TJ/SP valida contratos do BV após empresa usar crédito por mais de 2 anos
Colegiado entendeu que recebimento e uso dos recursos, além do início dos pagamentos, demonstraram aceitação dos negócios.
Da Redação
quarta-feira, 26 de agosto de 2026
Atualizado às 07:08
A 17ª câmara de Direito Privado do TJ/SP reconheceu a validade de contratos bancários celebrados com o BV e a exigibilidade dos débitos, apesar da existência de perícias divergentes sobre as assinaturas dos documentos. Por maioria, o colegiado concluiu que a empresa aceitou os negócios ao receber os recursos, utilizá-los em sua atividade por mais de dois anos e iniciar o pagamento das parcelas, de modo que a posterior alegação de nulidade configuraria comportamento contraditório.

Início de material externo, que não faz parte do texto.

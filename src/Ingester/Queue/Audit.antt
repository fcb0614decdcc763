-- ===== src/Ingester/Queue/Audit.antt =====
-- The invariant of the queue: the two state columns agree, the ids ascend below the next one, and
-- the event log determines the state of every row.
use repo_backend_v.Base.{
  ℕ, ◌<◌, String, Bool, false, not, ◌&&◌, ◌||◌, ◌≡◌, ◌≢◌, refl, sym, ◌∙◌, inl, inr, Option, none,
  some, List, [], ◌∷◌, ◌++◌, arith, ◌==◌, nat_eq, string_eq, eq_iff, if◌then◌else◌, filter, All,
  All-zip, Bool-cases, get_or,
}
use mathlib.Core.List.{append-nil}
use repo_backend_v.Base.Table.{update_where, All-update_where}
use repo_backend_v.Ingester.Queue.Store.{Row, Event, Db}
use repo_backend_v.Ingester.Queue.Update.{
  Patch, Opts, enrich_update, write, target_state, transitions, log_transitions, apply_update,
  update_queue,
}
use repo_backend_v.Ingester.Queue.Outcome.{Unchanged, Wrote, update_queue-Outcome}

-- The last state that a row's transitions reached. Informational events are no transitions.
abbrev pub step_state : ℕ → Option String → Event → Option String
step_state id acc e =
    if e.queue_id == id && not (e.event_type == "info") then some e.to_state else acc

unfoldable pub latest_from : Option String → ℕ → List Event → Option String
latest_from acc id [] = acc
latest_from acc id (e ∷ es) = latest_from (step_state id acc e) id es

unfoldable pub latest_state : ℕ → List Event → Option String
latest_state id events = latest_from none id events

abbrev pub Ascending : List Row → Type 0
Ascending [] = Unit
Ascending (r ∷ rs) = All (λ q. r.id < q.id) rs × Ascending rs

abbrev pub IsSynced : Row → Type 0
IsSynced r = r.status ≡ r.pipeline_state

pub record IsSound (db : Db) : Type 0 where
  pub synced : All IsSynced db.rows
  pub ascending : Ascending db.rows
  pub below : All (λ r. r.id < db.next_id) db.rows
  pub audited : All (λ r. latest_state r.id db.events ≡ some r.pipeline_state) db.rows

latest_from-append :
    (acc : Option String) (id : ℕ) (xs ys : List Event)
    → latest_from acc id (xs ++ ys) ≡ latest_from (latest_from acc id xs) id ys
unfolding latest_from
latest_from-append acc id [] ys = refl
latest_from-append acc id (e ∷ xs) ys = latest_from-append (step_state id acc e) id xs ys

-- An event that is no transition, or of another row, leaves a row's latest state.
pub latest_state-concat :
    (id : ℕ) (events : List Event) (e : Event)
    → latest_state id (events ++ e ∷ []) ≡ (
        if e.queue_id == id && not (e.event_type == "info")
        then some e.to_state
        else latest_state id events)
unfolding latest_state latest_from
latest_state-concat id events e = latest_from-append none id events (e ∷ [])

module _ (p : Row → Bool) (to : String) where
  -- Some row of the id is written and changes its state.
  touched : ℕ → List Row → Bool
  touched id [] = false
  touched id (r ∷ rs) = (r.id == id && (p r && not (r.pipeline_state == to))) || touched id rs

  latest_from-transitions :
      (opts : Opts) (now : ℕ) (acc : Option String) (id : ℕ) (rows : List Row)
      → opts.event_type ≢ "info"
      → latest_from acc id (transitions opts to now (filter p rows))
        ≡ (if touched id rows then some to else acc)
  unfolding latest_from transitions touched
  latest_from-transitions opts now acc id [] h = refl
  latest_from-transitions opts now acc id (r ∷ rs) h = ground (
    arith,
    eq_iff opts.event_type "info",
    latest_from-transitions opts now acc id rs h,
    latest_from-transitions opts now (some to) id rs h,
  )

  touched_above : (id : ℕ) (rows : List Row) → All (λ q. id < q.id) rows → touched id rows ≡ false
  unfolding touched
  touched_above id [] h = refl
  touched_above id (r ∷ rs) (lt, h) = ground (arith, touched_above id rs h)

  -- Ids being unique, a row is touched exactly when it is written and changes.
  touched_self :
      (rows : List Row)
      → Ascending rows
      → All (λ r. touched r.id rows ≡ (p r && not (r.pipeline_state == to))) rows
  unfolding touched
  touched_self [] h = tt
  touched_self (r ∷ rs) (above, asc) = (
    ground (arith, touched_above r.id rs above),
    All-zip (λ q. r.id < q.id) (λ q. touched q.id rs ≡ (p q && not (q.pipeline_state == to))) _
        (λ q lt ih. ground arith) rs above (touched_self rs asc),
  )

-- What a write does to the three columns, with the state that it is to set.
module _ (data' : Patch) (now : ℕ) (r : Row) where
  pub write-id : (write (enrich_update data' now) r).id ≡ r.id
  unfolding write enrich_update
  write-id = refl

  pub write-state :
      (write (enrich_update data' now) r).pipeline_state
      ≡ get_or (target_state data') r.pipeline_state
  unfolding write enrich_update
  write-state = ground arith

  write-status : (write (enrich_update data' now) r).status ≡ get_or data'.status r.status
  unfolding write enrich_update
  write-status = ground arith

enriched-state :
    (data' : Patch) (now : ℕ) → (enrich_update data' now).pipeline_state ≡ target_state data'
unfolding enrich_update
enriched-state data' now = ground arith

-- A write that keeps the ids keeps their order.
module _ (p : Row → Bool) (f : Row → Row) (same : (r : Row) → (f r).id ≡ r.id) where
  update-above :
      (n : ℕ) (rows : List Row)
      → All (λ q. n < q.id) rows
      → All (λ q. n < q.id) (update_where p f rows)
  update-above n rows h =
      All-update_where (λ q. n < q.id) (λ q. n < q.id) p f (λ r lt _. rw (same r) lt) (λ r lt _. lt)
        rows h

  pub update-Ascending : (rows : List Row) → Ascending rows → Ascending (update_where p f rows)
  unfolding update_where
  update-Ascending [] h = tt
  update-Ascending (r ∷ rs) (above, asc) = elim (Bool-cases (p r)) [
    | inl e ↦ simp e (rw (same r) (update-above r.id rs above), update-Ascending rs asc)
    | inr e ↦ simp e (update-above r.id rs above, update-Ascending rs asc)
  ]

module _ (where' : Row → Bool) (data' : Patch) (now : ℕ) where
  abbrev written : Row → Row
  written r = write (enrich_update data' now) r

  written-IsSynced :
      (rows : List Row)
      → data'.pipeline_state ≡ none
      → All IsSynced rows
      → All IsSynced (update_where where' written rows)
  written-IsSynced rows plain h =
      All-update_where IsSynced IsSynced where' written
        (λ r same _. ground (arith, write-state data' now r, write-status data' now r))
        (λ r same _. same) rows h

  written-below :
      (n : ℕ) (rows : List Row)
      → All (λ r. r.id < n) rows
      → All (λ r. r.id < n) (update_where where' written rows)
  written-below n rows h =
      All-update_where (λ r. r.id < n) (λ r. r.id < n) where' written
        (λ r lt _. rw (write-id data' now r) lt) (λ r lt _. lt) rows h

  abbrev Audited : List Event → Row → Type 0
  Audited events r = latest_state r.id events ≡ some r.pipeline_state

  -- The log after an update, read at one row's id.
  latest_state-log :
      (opts : Opts) (events : List Event) (rows : List Row) (to : String) (id : ℕ)
      → opts.event_type ≢ "info"
      → latest_state id (events ++ transitions opts to now (filter where' rows))
        ≡ (if touched where' to id rows then some to else latest_state id events)
  unfolding latest_state
  latest_state-log opts events rows to id h =
      latest_from-append none id events (transitions opts to now (filter where' rows))
      ∙ latest_from-transitions where' to opts now (latest_from none id events) id rows h

  abbrev Touched : String → List Row → Row → Type 0
  Touched to rows r = touched where' to r.id rows ≡ (where' r && not (r.pipeline_state == to))

  log-Audited :
      (opts : Opts) (events : List Event) (rows : List Row) (to : Option String)
      → target_state data' ≡ to
      → opts.event_type ≢ "info"
      → Ascending rows
      → All (Audited events) rows
      → All
          (Audited (events ++ log_transitions opts to now (filter where' rows)))
          (update_where where' written rows)
  unfolding log_transitions
  log-Audited opts events rows none e h asc old = rw append-nil (
      All-update_where (Audited events) (Audited events) where' written
        (λ r au _. rw (write-id data' now r, write-state data' now r, e) au) (λ r au _. au) rows
        old)
  log-Audited opts events rows (some to) e h asc old =
      All-update_where (λ r. Audited events r × Touched to rows r)
        (Audited (events ++ transitions opts to now (filter where' rows))) where' written
        (λ r q hit. ground (
          arith,
          latest_state-log opts events rows to r.id h,
          write-id data' now r,
          write-state data' now r,
          e,
          eq_iff r.pipeline_state to,
        ))
        (λ r q miss. ground (arith, latest_state-log opts events rows to r.id h)) rows
        (All-zip (Audited events) (Touched to rows) _ (λ r a t. (a, t)) rows old
          (touched_self where' to rows asc))

pub Unchanged-IsSound : {db db' : Db} → Unchanged db db' → IsSound db → IsSound db'
Unchanged-IsSound u s = record {
  synced = rw u.rows s.synced;
  ascending = rw u.rows s.ascending;
  below = rw (u.rows, u.next_id) s.below;
  audited = rw (u.rows, u.events) s.audited;
}

Wrote-IsSound :
    (where' : Row → Bool) (data' : Patch) (opts : Opts) (db : Db) {db' : Db}
    → data'.pipeline_state ≡ none
    → opts.event_type ≢ "info"
    → IsSound db
    → Wrote where' data' opts db db'
    → IsSound db'
unfolding apply_update
Wrote-IsSound where' data' opts db plain typed s w = record {
  synced = rw w.rows (written-IsSynced where' data' db.now db.rows plain s.synced);
  ascending = rw w.rows (update-Ascending where' _ (write-id data' db.now) db.rows s.ascending);
  below = rw (w.rows, w.next_id) (written-below where' data' db.now db.next_id db.rows s.below);
  audited =
      rw (w.rows, w.events)
        (log-Audited where' data' db.now opts db.events db.rows _
          (sym (enriched-state data' db.now)) typed s.ascending s.audited);
}

-- An update that sets no state but through the status, and logs under another type than "info",
-- keeps the invariant, whether it commits, is retried or fails.
pub update_queue-IsSound :
    (where' : Row → Bool) (data' : Patch) (opts : Opts) (db : Db)
    → data'.pipeline_state ≡ none
    → opts.event_type ≢ "info"
    → IsSound db
    → IsSound (update_queue where' data' opts db).1
update_queue-IsSound where' data' opts db plain typed s =
    elim (update_queue-Outcome where' data' opts db) [
      | inl u ↦ Unchanged-IsSound u s
      | inr w ↦ Wrote-IsSound where' data' opts db plain typed s w
    ]
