-- ===== src/Rpc/Interleaved/Ready.antt =====
-- Whatever arrives and in whatever order the tasks go on, the routing table stays in good order.
use dht_kad_rs.Base.{
  none, some, Outcome, done, panicked, exhausted, Result, ok, err, [], ◌∷◌, Bool-cases, inl, inr,
  Option,
}
use dht_kad_rs.Kvstore.{Bytes, KvStore, DatastoreError}
use dht_kad_rs.Messages.{Protobuf, Message}
use dht_kad_rs.Messages.Util.{validate_request}
use dht_kad_rs.Rpc.{Method, admit_sender, answer_store, find_node_async, ping_async}
use dht_kad_rs.Rpc.State.{DhtServer}
use dht_kad_rs.Rpc.Sender.{IsReady}
use dht_kad_rs.Rpc.Interleaved.{
  Task, begins, puts, gets, finds, ends, finish, proceed, advance, after_get, System, Step, arrives,
  goes_on, Reach, here, next, idle,
}
use dht_kad_rs.Base.{All, All-append, All-get_elem?, All-set}
use dht_kad_rs.Rpc.Interleaved.Kept.{
  Fine, OfBytes, admit_sender-Fine, find_node_async-Fine, ping_async-Fine,
}

-- The messages that a task holds are made of bytes.
abbrev TaskOfBytes : {P : Protobuf} → Task P → Type 0
TaskOfBytes (begins c m) = OfBytes m
TaskOfBytes (puts m) = OfBytes m
TaskOfBytes (gets m) = OfBytes m
TaskOfBytes (finds m) = OfBytes m
TaskOfBytes (ends o) = Unit {0}

module _ (K : KvStore) (P : Protobuf) where
  -- A section keeps the table in good order, and goes on with messages that are made of bytes.
  abbrev FineAfter : DhtServer K × Task P → Type 0
  FineAfter (s, t) = Fine s.routing_table × TaskOfBytes t

  finish-FineAfter :
      (r : DhtServer K × Outcome (Message P)) → Fine r.0.routing_table → FineAfter (finish K P r)
  finish-FineAfter (s, o) fine = (fine, tt)

  proceed-FineAfter :
      (t : Task P) (r : DhtServer K × Outcome (Unit {0}))
      → TaskOfBytes t
      → Fine r.0.routing_table
      → FineAfter (proceed K P t r)
  proceed-FineAfter t (s, done u) bytes fine = (fine, bytes)
  proceed-FineAfter t (s, panicked) bytes fine = (fine, tt)
  proceed-FineAfter t (s, exhausted) bytes fine = (fine, tt)

  after_get-TaskOfBytes :
      (m : Message P) (r : Result (Option Bytes) DatastoreError)
      → OfBytes m
      → TaskOfBytes (after_get K P m r)
  after_get-TaskOfBytes m (ok (some v)) bytes = tt
  after_get-TaskOfBytes m (ok none) bytes = bytes
  after_get-TaskOfBytes m (err e) bytes = bytes

  advance-FineAfter :
      (t : Task P) (s : DhtServer K)
      → TaskOfBytes t
      → Fine s.routing_table
      → FineAfter (advance K P t s)
  unfolding advance answer_store
  advance-FineAfter (begins Method.store m) s bytes fine = elim (Bool-cases (validate_request m)) [
    | inr invalid ↦ rw invalid (fine, tt)
    | inl valid ↦
        rw valid (
          proceed-FineAfter (puts m) (admit_sender K P m s) bytes
            (admit_sender-Fine m bytes s fine))
  ]
  advance-FineAfter (begins Method.find_value m) s bytes fine =
      elim (Bool-cases (validate_request m)) [
        | inr invalid ↦ rw invalid (fine, tt)
        | inl valid ↦ rw valid (
            proceed-FineAfter (gets m) (admit_sender K P m s) bytes
              (admit_sender-Fine m bytes s fine))
      ]
  advance-FineAfter (begins Method.find_node m) s bytes fine =
      finish-FineAfter (find_node_async K P m s) (find_node_async-Fine m s bytes fine)
  advance-FineAfter (begins Method.ping m) s bytes fine =
      finish-FineAfter (ping_async K P m s) (ping_async-Fine m s bytes fine)
  advance-FineAfter (puts m) s bytes fine = (fine, tt)
  advance-FineAfter (gets m) s bytes fine =
      (fine, after_get-TaskOfBytes m (K.get s.kvstore m.key) bytes)
  advance-FineAfter (finds m) s bytes fine =
      finish-FineAfter (find_node_async K P m s) (find_node_async-Fine m s bytes fine)
  advance-FineAfter (ends o) s bytes fine = (fine, tt)

  abbrev IsFine : System K P → Type 0
  IsFine σ = Fine σ.server.routing_table × All TaskOfBytes σ.tasks

  Step-IsFine :
      {σ τ : System K P} → Step K P σ τ → All (λ r. OfBytes r.1) τ.received → IsFine σ → IsFine τ
  Step-IsFine {σ} (arrives c m) (bytes, _) (fine, tasks) =
      (fine, All-append TaskOfBytes σ.tasks (begins c m ∷ []) tasks (bytes, tt))
  Step-IsFine {σ} (goes_on i t at) bytes (fine, tasks) =
      let (fine', bytes') =
        advance-FineAfter t σ.server (All-get_elem? TaskOfBytes σ.tasks i tasks at) fine in
      (fine', All-set TaskOfBytes σ.tasks i (advance K P t σ.server).1 tasks bytes')

  earlier-OfBytes :
      {σ τ : System K P}
      → Step K P σ τ
      → All (λ r. OfBytes r.1) τ.received
      → All (λ r. OfBytes r.1) σ.received
  earlier-OfBytes (arrives c m) (_, bytes) = bytes
  earlier-OfBytes (goes_on i t at) bytes = bytes

  Reach-IsFine :
      {s : DhtServer K} {τ : System K P}
      → Reach K P (idle K P s) τ
      → Fine s.routing_table
      → All (λ r. OfBytes r.1) τ.received
      → IsFine τ
  Reach-IsFine here fine bytes = (fine, tt)
  Reach-IsFine (next r st) fine bytes =
      Step-IsFine st bytes (Reach-IsFine r fine (earlier-OfBytes st bytes))

  -- From a server in good order that has received nothing, every state that requests and tasks lead to,
  -- in any order and whatever the requests hold, has a server in good order, if the identifiers of the
  -- senders are made of bytes.
  pub Reach-IsReady :
      {s : DhtServer K} {τ : System K P}
      → Reach K P (idle K P s) τ
      → IsReady s
      → All (λ r. OfBytes r.1) τ.received
      → IsReady τ.server
  Reach-IsReady r ready bytes =
      let ((w, pos), _) = Reach-IsFine r (ready.well_formed, ready.room) bytes in
      record { well_formed = w; room = pos }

A decisão reformou sentença que havia declarado inexistentes diversos contratos, entre eles cédulas de crédito bancário, cessões fiduciárias de direitos creditórios e garantias de alienação fiduciária e hipotecária.
Em 1º grau, além de reconhecer a inexistência dos negócios, a Justiça havia condenado o BV ao pagamento de indenização por danos materiais, correspondente à diferença entre os valores liberados na conta da empresa e as quantias descontadas de seus recebíveis, após a exclusão de juros, encargos administrativos e impostos.
Perícias divergentes
Ao recorrer, o BV defendeu a validade dos contratos e sustentou que os recursos haviam sido disponibilizados na conta da empresa e utilizados para custear suas atividades por mais de dois anos.
A instituição também argumentou que as assinaturas constantes dos instrumentos haviam sido reconhecidas por tabelião e que, após se beneficiar dos valores e iniciar o pagamento das parcelas, a empresa não poderia questionar a validade dos negócios.
Relator designado para o acórdão, o desembargador Afonso Bráz observou que havia resultados diferentes entre as perícias realizadas nas esferas cível e criminal.
A sentença havia se baseado na perícia grafotécnica produzida no processo cível. Para a maioria do colegiado, no entanto, a divergência entre os laudos exigia que a controvérsia fosse analisada também a partir das demais provas e da conduta adotada pelas partes.
O magistrado destacou que, conforme o art. 479 do CPC, o julgador não está vinculado às conclusões do laudo pericial.
Aceitação dos contratos
Segundo o acórdão, o recebimento dos valores, sua utilização na atividade empresarial por mais de dois anos e o início do pagamento das parcelas configuraram comportamento concludente e demonstraram aceitação tácita dos contratos.
Para o colegiado, essa conduta criou a expectativa de validade dos negócios, tornando contraditória a posterior alegação de nulidade.
Nesse ponto, a decisão aplicou o princípio da boa-fé objetiva e a teoria do venire contra factum proprium, que impede a adoção de comportamento posterior incompatível com conduta anterior capaz de gerar confiança na outra parte.
O acórdão também mencionou a supressio, considerando o período em que a empresa se beneficiou dos contratos antes de questionar sua validade.
Assinatura de dois sócios
O TJ/SP também analisou cláusula do contrato social que exigia a assinatura de dois sócios para a celebração de contratos.
Para a maioria, a regra possui natureza interna da sociedade e não pode ser oposta a terceiro de boa-fé que tenha confiado na legitimidade de quem representava a empresa.
O colegiado aplicou a teoria da aparência e considerou que eventual descumprimento da regra societária interna não seria suficiente para invalidar os negócios perante o BV.
O voto citou precedentes segundo os quais não se pode exigir do credor que verifique regras internas da sociedade sobre a necessidade de assinatura de todos os sócios para a celebração do negócio.
Enriquecimento sem causa
O acórdão acrescentou que, mesmo se fosse reconhecida a nulidade dos contratos, seria necessário restabelecer as partes ao estado anterior, conforme prevê o art. 182 do Código Civil.
Segundo a maioria, não seria possível invalidar os negócios e, simultaneamente, permitir que a empresa permanecesse com os recursos recebidos, sob pena de enriquecimento sem causa.
Com a reforma da sentença, os pedidos formulados contra o BV foram julgados improcedentes, e os contratos e débitos foram considerados válidos e exigíveis.
A empresa também foi condenada ao pagamento das custas e despesas processuais e de honorários advocatícios fixados em 15% sobre o valor atualizado da causa.